Solchen Ängsten und Sorgen versuchten Ehrenamtliche der Nümbrechter Flüchtlingshilfe mit Erfahrungsberichten entgegenzutreten. Sie zeigten sich teils „erschrocken“ über einige Äußerungen am Ende des Abends. „Acht Jahre lang bin ich dabei, noch keiner hat sich danebenbenommen. Hier wird viel Angst aufgebaut, die nicht nötig ist.“ Es sei wichtig, eine andere Kultur verstehen zu wollen, die Hand zu reichen. Allerdings müsse wirklich über die Unterkunft gesprochen werden, wenn zum Beispiel drei Menschen auf nur zehn Quadratmetern unterbracht sind. Ein Helfer wünschte sich, dass die Bürokratie endlich beweglicher werde, dann könnten sich weitere Möglichkeit eröffnen.

 

„Wir müssen auch selbst bereit und offen sein, Erfahrungen zu machen“, sagte eine Sozialarbeiterin. „Warum sollte ein Flüchtlingscafé nicht auch in Marienberghausen möglich sein“, fragte Belma Hadzeric in die Runde.

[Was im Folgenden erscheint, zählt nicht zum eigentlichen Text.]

-- ===== src/Agent/Position.antt =====
-- crates/is-agent/src/lib.rs: where a machine that is admitted is put.
use inputshare.Base.{
  ℤ, ◌≤ℤ◌, max_ℤ, Option, none, some, List, [], ◌∷◌, ◌≡◌, Each, Each-imp, arith, true, false,
}
use inputshare.Geometry.{Rect, max_x}
use inputshare.Model.{WorkspaceDoc, MachineRecord, bounds}
use inputshare.Model.Query.{machines_present}
use inputshare.Agent.Facts.{further, rightmost, or_zero, free_position}

-- At most the value, if there is one.
abbrev Within : ℤ → Option ℤ → Type 0
Within r none = true ≡ false
Within r (some x) = r ≤ℤ x

further_head : (b : Rect) (rest : Option ℤ) → Within (max_x b) (further (some b) rest)
unfolding max_ℤ
further_head b none = omega arith
further_head b (some x) = ground arith

further_tail :
    (o : Option Rect) (rest : Option ℤ) (r : ℤ) → Within r rest → Within r (further o rest)
unfolding max_ℤ
further_tail none rest r h = h
further_tail (some b) none r h = ground arith
further_tail (some b) (some x) r h = ground arith

head-Within :
    (o : Option Rect) (rest : Option ℤ) (b : Rect) → o ≡ some b → Within (max_x b) (further o rest)
head-Within o rest b e = rw e (further_head b rest)

rightmost_bound :
    (ms : List MachineRecord)
    → Each (λ m. (b : Rect) → bounds m ≡ some b → Within (max_x b) (rightmost ms)) ms
unfolding rightmost
rightmost_bound [] = tt
rightmost_bound (m ∷ ms) = (
  λ b e. head-Within (bounds m) (rightmost ms) b e,
  Each-imp _ _ ms (λ k f b e. further_tail (bounds m) (rightmost ms) (max_x b) (f b e))
      (rightmost_bound ms),
)

within_zero : (o : Option ℤ) (r : ℤ) → Within r o → r ≤ℤ or_zero o
within_zero none r h = ground arith
within_zero (some x) r h = h

-- A machine that is admitted is put to the right of every machine of the workspace that has screens.
pub admitted_beside :
    (doc : WorkspaceDoc)
    → Each
        (λ m. (b : Rect) → bounds m ≡ some b → max_x b ≤ℤ (free_position (some doc)).x)
        (machines_present doc)
unfolding free_position
admitted_beside doc =
    Each-imp _ _ (machines_present doc)
      (λ m f b e. within_zero (rightmost (machines_present doc)) (max_x b) (f b e))
      (rightmost_bound (machines_present doc))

Hilko Redenius betonte, dass ohne das Engagement vieler Menschen in Nümbrecht an Integration nicht zu denken wäre. Dazu gehört die Flüchtlingshilfe, Nachbarn, die die Menschen einfach mal einladen, aber auch Mitarbeiter der Verwaltung, wie eine Casemanagerin, die die angekommenen Menschen betreut. Auch ein „Kümmerer“ sei eingestellt worden, der durch die Unterkünfte gehe, um vor Ort zu hören, wie es den Menschen gehe.

 

Auch dies gehöre dazu, um die Sicherheit zu wahren. Darüber hinaus arbeite man natürlich mit der Polizei zusammen, es gibt das Ordnungsamt. „Eine 100-prozentige Sicherheit werde ich aber niemals garantieren können.“ Einige unehrliche Menschen gebe es schließlich überall.

 

Das Fazit

 

Unverständnis über das Verteilungssystem, über die generelle Flüchtlingspolitik, die Sorge um die Bedürfnisse der in Deutschland Schutz suchenden Menschen, die Bedenken darüber, wenn in einem kleinen Ort große Veränderungen passieren könnten: Zwischen diesen Polen pendelte der Diskussionsabend. „Es war richtig, die Sorgen, Ängste und Emotionen zu teilen“, sagte Superintendent Michael Braun. „Das Thema bewegt, der Abend musste sein“, ergänzte Pfarrerin Kirsti Greier. Und es solle nicht das Ende der Diskussion sein. Weitere Termine sollen folgen. In welcher Form, werde noch besprochen.